Protein Structure Prediction Like with gene prediction, the prediction of a proteins structure is difficult and costly, so many algorithms have been developed to attempt to predict structure from a sequence. Pretty good at predicting secondary structure. Not as good at tertiary or quaternary. Also working on predicting protein interactions.

Alignment In order to search for, annotate, or find genes, they have to be aligned against others. This is where things like BLAST come in. BLAST, or Basic Local Alignment Search Tool, uses an pairwise alignment algorithm to compare a sequence to other sequences one at a time in a particular database, whether that sequence be protein or gene. BLAST is the most commonly used one, but isn’t the best.

Multiple Alignment By aligning multiple sequences at once, phylogeny of organisms or proteins can be determined, as long as those sequences really are similar. 16S multiple alignments is often what is used to determine prokaryotic phylogeny, where the definition of species is funky. 16S is used as it is highly conserved and is found in all prokaryotic organisms. Later we will do one with a eukaryotic phylogeny

Databases Bioinformatics also seeks to compile huge collections of similar data in order to consolidate information in one place. It also has to be organized in such a way that is useful to other scientists. These databases include things like UniProt, SEED, KEGG, RCSB/PDB etc. All of those listed make great resources for creating your own activities

Metagenomics Many bacteria can’t be cultured, so much of the picture of the microbiome is hazy. Metagenomics is the shotgun or grenade approach Sequence everything below a certain size cell. Gives insight into the genetics of unculturable organisms

Activity Go on the SM 2 website and locate the instructions for the activity There are 6 different prokaryotic operons, each containing multiple gene sequences. Organize yourselves into 6 groups and try to figure out the probable function of each gene and what organism it comes from. Then search NCBI for papers on one of the genes functions. Discuss with the group and the class what you learned.
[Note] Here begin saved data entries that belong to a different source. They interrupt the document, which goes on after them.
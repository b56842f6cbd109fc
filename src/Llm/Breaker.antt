-- ===== src/Llm/Breaker.antt =====
-- internal/llm/fastapi_client.go: the FastAPI client with its circuit breaker. What HTTP, the clock and
-- the JSON library answer is a parameter. The two methods that hold the lock while they write are one
-- step each; GenerateInsight is the sequence of such steps that it makes.
pub mod Trace
pub mod Requests
pub mod Admission
pub mod Events
use capacity_planning_operat.Prelude.{
  ℕ, ◌*◌, Bool, true, false, ◌&&◌, ◌||◌, not, List, [], ◌∷◌, ◌++◌, Option, none, some,
  if◌then◌else◌, length, take,
}
use capacity_planning_operat.Prelude.Int.{ℤ, pos, ◌+ℤ◌, add64, ltb_ℤ, leb_ℤ}
use capacity_planning_operat.Prelude.Text.{Str, bytes, is_empty, trim_space}
use capacity_planning_operat.Prelude.Print.{show_int}
use capacity_planning_operat.Prelude.Fallible.{Fallible, ok, err}
use capacity_planning_operat.Plan.Insight.{PvcContext}
use capacity_planning_operat.Llm.Clients.{FastApiInsightGenerator}

pub record FastApiInsightRequest (F : Type 0) : Type 0 where
  pub namespace : Str
  pub name : Str
  pub used_bytes : ℤ
  pub capacity_bytes : ℤ
  pub growth_bytes_per_day : F
  pub confidence_r2 : F
  pub alert_firing : Bool
  pub samples_count : ℕ
  pub days_until_full : Option F

pub record FastApiInsightResponse : Type 0 where
  pub insight : Str
  pub text : Str
  pub output : Str

-- How a request ends: it cannot be built, it is not answered, its answer breaks off, or it is answered
-- with a status and a body.
pub data Exchange : Type 0 where
  unbuilt : Str → Exchange
  unanswered : Str → Exchange
  broken : ℤ → Str → Exchange
  answered : ℤ → Str → Exchange

-- The bearer token is empty where no header is set.
pub record Backend (F : Type 0) : Type 0 where
  pub marshal : FastApiInsightRequest F → Fallible Str
  pub post : (url token payload : Str) → Exchange
  pub get : (url token : Str) → Exchange
  pub unmarshal : Str → Fallible FastApiInsightResponse

-- What the client sends: a probe of its health address, or a request to its address.
pub data Call : Type 0 where
  probe : Str → Call
  request : Str → Str → Call

pub record Exchanged (A : Type 0) : Type 0 where
  pub generator : FastApiInsightGenerator
  pub result : A
  pub calls : List Call

unfoldable pub record_failure : FastApiInsightGenerator → ℤ → FastApiInsightGenerator
record_failure g now =
    let fails = add64 g.consecutive_fails (pos 1) in
    record g {
      consecutive_fails = fails;
      degraded_until =
          if leb_ℤ g.failure_threshold fails then some (now +ℤ g.cooldown) else g.degraded_until;
    }

unfoldable pub clear_failures : FastApiInsightGenerator → FastApiInsightGenerator
clear_failures g = record g { consecutive_fails = pos 0; degraded_until = none }

-- `now.Before(cooldownUntil)`; no instant is before the zero time.
abbrev pub is_before : ℤ → Option ℤ → Bool
is_before now none = false
is_before now (some until) = ltb_ℤ now until

abbrev is_success : ℤ → Bool
is_success status = leb_ℤ (pos 200) status && ltb_ℤ status (pos 300)

module _ {F : Type 0} (backend : Backend F) where
  abbrev pub is_healthy : Exchange → Bool
  is_healthy (unbuilt e) = false
  is_healthy (unanswered e) = false
  is_healthy (broken status e) = is_success status
  is_healthy (answered status body) = is_success status

  abbrev call_of : Exchange → Call → List Call
  call_of (unbuilt e) c = []
  call_of (unanswered e) c = c ∷ []
  call_of (broken status e) c = c ∷ []
  call_of (answered status body) c = c ∷ []

  unfoldable pub probe_health : FastApiInsightGenerator → Bool × List Call
  probe_health g =
      let x = backend.get g.health_url g.auth_token in
      if is_empty (trim_space g.health_url)
      then (false, [])
      else (is_healthy x, call_of x (probe g.health_url))

  unfoldable pub check_availability : FastApiInsightGenerator → ℤ → Exchanged Bool
  check_availability g now =
      let (healthy, calls) = probe_health g in
      if ltb_ℤ g.consecutive_fails g.failure_threshold
      then record { generator = g; result = true; calls = [] }
      else (if is_before now g.degraded_until
          then record { generator = g; result = false; calls = [] }
          else (if healthy
              then record { generator = clear_failures g; result = true; calls = calls }
              else record { generator = record_failure g now; result = false; calls = calls }))

  abbrev first_text : FastApiInsightResponse → Str
  first_text r =
      if is_empty (trim_space r.insight)
      then (if is_empty (trim_space r.text) then trim_space r.output else trim_space r.text)
      else trim_space r.insight

  abbrev read_text : Fallible FastApiInsightResponse → Fallible Str
  read_text (err e) = err e
  read_text (ok r) =
      if is_empty (first_text r)
      then err (bytes "fastapi returned empty insight")
      else ok (first_text r)

  -- The text of an answer, or the error that counts as a failure.
  abbrev pub read_answer : Exchange → Fallible Str
  read_answer (unbuilt e) = err e
  read_answer (unanswered e) = err e
  read_answer (broken status e) = err e
  read_answer (answered status body) =
      let seen = take (2 * 1024 * 1024) body in
      if is_success status
      then read_text (backend.unmarshal seen)
      else err
          (bytes "fastapi returned status " ++ show_int status ++ bytes ": " ++ trim_space seen)

  abbrev counted : FastApiInsightGenerator → ℤ → Exchange → Fallible Str → FastApiInsightGenerator
  counted g now (unbuilt e) r = g
  counted g now x (err e) = record_failure g now
  counted g now x (ok text) = clear_failures g

  abbrev fast_api_request : PvcContext F → FastApiInsightRequest F
  fast_api_request pvc = record {
    namespace = pvc.namespace;
    name = pvc.name;
    used_bytes = pvc.used_bytes;
    capacity_bytes = pvc.capacity_bytes;
    growth_bytes_per_day = pvc.growth.growth_bytes_per_day;
    confidence_r2 = pvc.growth.confidence_r2;
    alert_firing = pvc.alert_firing;
    samples_count = length pvc.samples;
    days_until_full = pvc.growth.days_until_full;
  }

  -- From the payload on; `later` is the time behind the answer.
  unfoldable pub send :
      FastApiInsightGenerator → ℤ → List Call → Fallible Str → Exchanged (Fallible Str)
  send g later before (err e) = record { generator = g; result = err e; calls = before }
  send g later before (ok payload) =
      let x = backend.post g.url g.auth_token payload in
      record {
        generator = counted g later x (read_answer x);
        result = read_answer x;
        calls = before ++ call_of x (request g.url payload);
      }

  unfoldable pub generate_insight :
      FastApiInsightGenerator → PvcContext F → ℤ → ℤ → Exchanged (Fallible Str)
  generate_insight g pvc now later =
      let checked = check_availability g now in
      if checked.result
      then send checked.generator later checked.calls (backend.marshal (fast_api_request pvc))
      else record {
        generator = checked.generator;
        result = err (bytes "fastapi is in degraded mode");
        calls = checked.calls;
      }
NCBI ORF Finder This looks for potential genes in a particular DNA sequence Does this by looking for Shine-Delgarno Sequences upstream of a start codon, then continues until it hits a stop codon Searches in 6 “frames” as codons are triplets and for “backwards sequences”. All are possible sites for translation.

What do the BLAST scores mean? E- Value: The probability of finding an equal or better match by chance. Query Cover: % of the query sequence length that is included in the aligned segment with that result. Identity: percent similarity Total score: Sum of the alignment scores from all segments from the same database that match the query sequence. This will only differ from the mx score if several parts of the database sequence match different parts of the query sequence. Blast Page

Take home message With faster sequencing and increased genetic and proteomic research, bioinformatics becomes more and more important. Right now we are literally producing too much data to go through. Bioinformatics provides computational methods to utilize these massive datasets for practical use in medicine and science. This is the direction that all genetic and proteomic research is going and will eventually become standard practice to teach when teaching genetics. For now, this makes a great addition for teaching genetics by getting the students working with sequences. Activities can be designed around Central Dogma to teach how genetic information flows in living systems and how scientists today gather and use that information.